Give back the material word for word, every line included.
──────── Stored data
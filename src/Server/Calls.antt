-- ===== src/Server/Calls.antt =====
-- The steps of one connection, in any order.
use network_skill_lab.Prelude.{Bool, List, Option, String, [], ℕ, ◌∷◌}
use network_skill_lab.Content.Lab.{Bytes}
use network_skill_lab.Protocol.Failure.{Reply}
use network_skill_lab.Server.Conn.{
  begin_call, handle_result, handle_progress, close_object, handle_frame, handle_stream_closed,
  teardown, give_up, Conn,
}

-- What the reader of the socket, the callers and the pages do to a connection.
pub data Step : Type 0 where
  calls : String → Bool → Step
  results : Reply → Step
  progresses : ℕ → String → Step
  frames : Bytes → Step
  closures closes : ℕ → Step
  gives_up : ℕ → Option ℕ → Step
  teardowns : Step

module _ (decode : Option Bytes → Option ℕ) where
  abbrev pub step : Step → Conn → Conn
  step (calls method sends) c = (begin_call method sends c).1
  step (results r) c = handle_result decode r c
  step (progresses id name) c = handle_progress id name c
  step (frames frame) c = handle_frame frame c
  step (closures number) c = handle_stream_closed number c
  step (closes k) c = close_object k c
  step (gives_up id k) c = give_up id k c
  step teardowns c = teardown c

  abbrev pub run : List Step → Conn → Conn
  run [] c = c
  run (s ∷ steps) c = run steps (step s c)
────────────────
* **Written solution**:
filename src/Server/Calls.antt
-- ===== src/Server/Calls.antt =====
-- The steps of one connection, in any order.
use network_skill_lab.Prelude.{Bool, List, Option, String, [], ℕ, ◌∷◌}
use network_skill_lab.Content.Lab.{Bytes}
use network_skill_lab.Protocol.Failure.{Reply}
use network_skill_lab.Server.Conn.{
  begin_call, handle_result, handle_progress, close_object, handle_frame, handle_stream_closed,
  teardown, give_up, Conn,
}

-- What the reader of the socket, the callers and the pages do to a connection.
pub data Step : Type 0 where
  calls : String → Bool → Step
  results : Reply → Step
  progresses : ℕ → String → Step
  frames : Bytes → Step
  closures closes : ℕ → Step
  gives_up : ℕ → Option ℕ → Step
  teardowns : Step

module _ (decode : Option Bytes → Option ℕ) where
  abbrev pub step : Step → Conn → Conn
  step (calls method sends) c = (begin_call method sends c).1
  step (results r) c = handle_result decode r c
  step (progresses id name) c = handle_progress id name c
  step (frames frame) c = handle_frame frame c
  step (closures number) c = handle_stream_closed number c
  step (closes k) c = close_object k c
  step (gives_up id k) c = give_up id k c
  step teardowns c = teardown c

  abbrev pub run : List Step → Conn → Conn
  run [] c = c
  run (s ∷ steps) c = run steps (step s c)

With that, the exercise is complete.